--- Records provided Enclosed Below ---

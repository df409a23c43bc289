-- ===== src/Tls/Fresh.antt =====
-- The certificates of the handshakes are those of the secrets.
use notation_aws_verifier.Prelude.{
  Str, codes, ◌==◌, ==_iff, Bool, true, false, not, none, some, List, [], ◌∷◌, map, ◌≡◌, refl, sym,
  inl, inr, In, if◌then◌else◌,
}
use notation_aws_verifier.Prelude.Result.{Result, ok, err}
use notation_aws_verifier.Tls.{
  TlsSecret, secret_type_tls, Current, keep_parsed, parse, parse_changed, get_certificate,
  handshakes,
}

module _ {Certificate : Type 0} (x509_key_pair : Str → Str → Result Certificate) where
  -- What is served without a memory.
  abbrev pub certificate_of : Result TlsSecret → Result Certificate
  certificate_of (err e) = err e
  certificate_of (ok secret) =
      if not (secret.type == secret_type_tls)
      then err (codes "secret is not a TLS secret")
      else x509_key_pair secret.cert_data secret.key_data

  -- The secrets of the answers with one version have the same data.
  abbrev pub Versioned : List (Result TlsSecret) → Type 0
  Versioned rs =
      (s t : TlsSecret)
      → In (ok s) rs
      → In (ok t) rs
      → s.resource_version ≡ t.resource_version
      → (s.cert_data ≡ t.cert_data) × (s.key_data ≡ t.key_data)

  -- A parsed certificate agrees with every secret of its version.
  abbrev Agrees : List (Result TlsSecret) → Current x509_key_pair → Type 0
  Agrees rs none = Unit
  Agrees rs (some c) =
      (s : TlsSecret)
      → In (ok s) rs
      → c.resource_version ≡ s.resource_version
      → x509_key_pair s.cert_data s.key_data ≡ ok c.cert

  module _ (all : List (Result TlsSecret)) (versions : Versioned all) where
    kept :
        (current : Current x509_key_pair) (s : TlsSecret) (r : Result Certificate)
        → In (ok s) all
        → x509_key_pair s.cert_data s.key_data ≡ r
        → Agrees all current
        → ((keep_parsed x509_key_pair current s r).0 ≡ r)
          × Agrees all (keep_parsed x509_key_pair current s r).1
    kept current s (err e) i p agrees = (refl, agrees)
    kept current s (ok cert) i p agrees =
        (refl, λ t j same. let (certs, keys) = versions s t i j same in rw (← certs, ← keys) p)

    parse-fresh :
        (current : Current x509_key_pair) (s : TlsSecret)
        → In (ok s) all
        → Agrees all current
        → ((parse x509_key_pair current s).0 ≡ x509_key_pair s.cert_data s.key_data)
          × Agrees all (parse x509_key_pair current s).1
    parse-fresh current s i agrees =
        kept current s (x509_key_pair s.cert_data s.key_data) i refl agrees

    parse_changed-fresh :
        (current : Current x509_key_pair) (s : TlsSecret)
        → In (ok s) all
        → Agrees all current
        → ((parse_changed x509_key_pair current s).0 ≡ x509_key_pair s.cert_data s.key_data)
          × Agrees all (parse_changed x509_key_pair current s).1
    parse_changed-fresh none s i agrees = parse-fresh none s i agrees
    parse_changed-fresh (some c) s i agrees =
        by_version (c.resource_version == s.resource_version) refl
      where
        by_version :
            (b : Bool)
            → (c.resource_version == s.resource_version) ≡ b
            → let r : Result Certificate × Current x509_key_pair =
                if b then (ok c.cert, some c) else parse x509_key_pair (some c) s in
              (r.0 ≡ x509_key_pair s.cert_data s.key_data) × Agrees all r.1
        by_version true e =
            (sym (agrees s i ((==_iff c.resource_version s.resource_version).0 e)), agrees)
        by_version false e = parse-fresh (some c) s i agrees

    get_certificate-fresh :
        (r : Result TlsSecret) (current : Current x509_key_pair)
        → In r all
        → Agrees all current
        → ((get_certificate x509_key_pair r current).0 ≡ certificate_of r)
          × Agrees all (get_certificate x509_key_pair r current).1
    unfolding get_certificate
    get_certificate-fresh (err e) current i agrees = (refl, agrees)
    get_certificate-fresh (ok s) current i agrees = by_type (not (s.type == secret_type_tls))
      where
        by_type :
            (b : Bool)
            → let r : Result Certificate × Current x509_key_pair =
                if b
                then (err (codes "secret is not a TLS secret"), current)
                else parse_changed x509_key_pair current s in
              (r.0 ≡ (
                if b
                then err (codes "secret is not a TLS secret")
                else x509_key_pair s.cert_data s.key_data))
              × Agrees all r.1
        by_type true = (refl, agrees)
        by_type false = parse_changed-fresh current s i agrees

    handshakes-rest :
        (rs : List (Result TlsSecret)) (current : Current x509_key_pair)
        → ((r : Result TlsSecret) → In r rs → In r all)
        → Agrees all current
        → handshakes x509_key_pair rs current ≡ map certificate_of rs
    unfolding handshakes
    handshakes-rest [] current within agrees = refl
    handshakes-rest (r ∷ rs) current within agrees =
        let (answer, next) = get_certificate-fresh r current (within r (inl refl)) agrees in
        rw
          (
            answer,
            handshakes-rest rs (get_certificate x509_key_pair r current).1 (λ s i. within s (inr i))
                next,
          )
          refl

  -- If the secrets that the lister gives have the same data whenever they have the same resource
  -- version, every handshake since the start is answered as if the secret of that moment was
  -- checked and parsed anew: a changed certificate is served at once, an error is never remembered.
  pub handshakes-certificate_of :
      (rs : List (Result TlsSecret))
      → Versioned rs
      → handshakes x509_key_pair rs none ≡ map certificate_of rs
  handshakes-certificate_of rs versions = handshakes-rest rs versions rs none (λ r i. i) tt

--- End of Enclosed Records provided ---

→ What needs to be done
Write out exactly each line of the entries, starting at the one containing "handshakes-rest rs (get_certificate" and finishing with the last line.

→ Task result
            handshakes-rest rs (get_certificate x509_key_pair r current).1 (λ s i. within s (inr i))
                next,
          )
          refl

  -- If the secrets that the lister gives have the same data whenever they have the same resource
  -- version, every handshake since the start is answered as if the secret of that moment was
  -- checked and parsed anew: a changed certificate is served at once, an error is never remembered.
  pub handshakes-certificate_of :
      (rs : List (Result TlsSecret))
      → Versioned rs
      → handshakes x509_key_pair rs none ≡ map certificate_of rs
  handshakes-certificate_of rs versions = handshakes-rest rs versions rs none (λ r i. i) tt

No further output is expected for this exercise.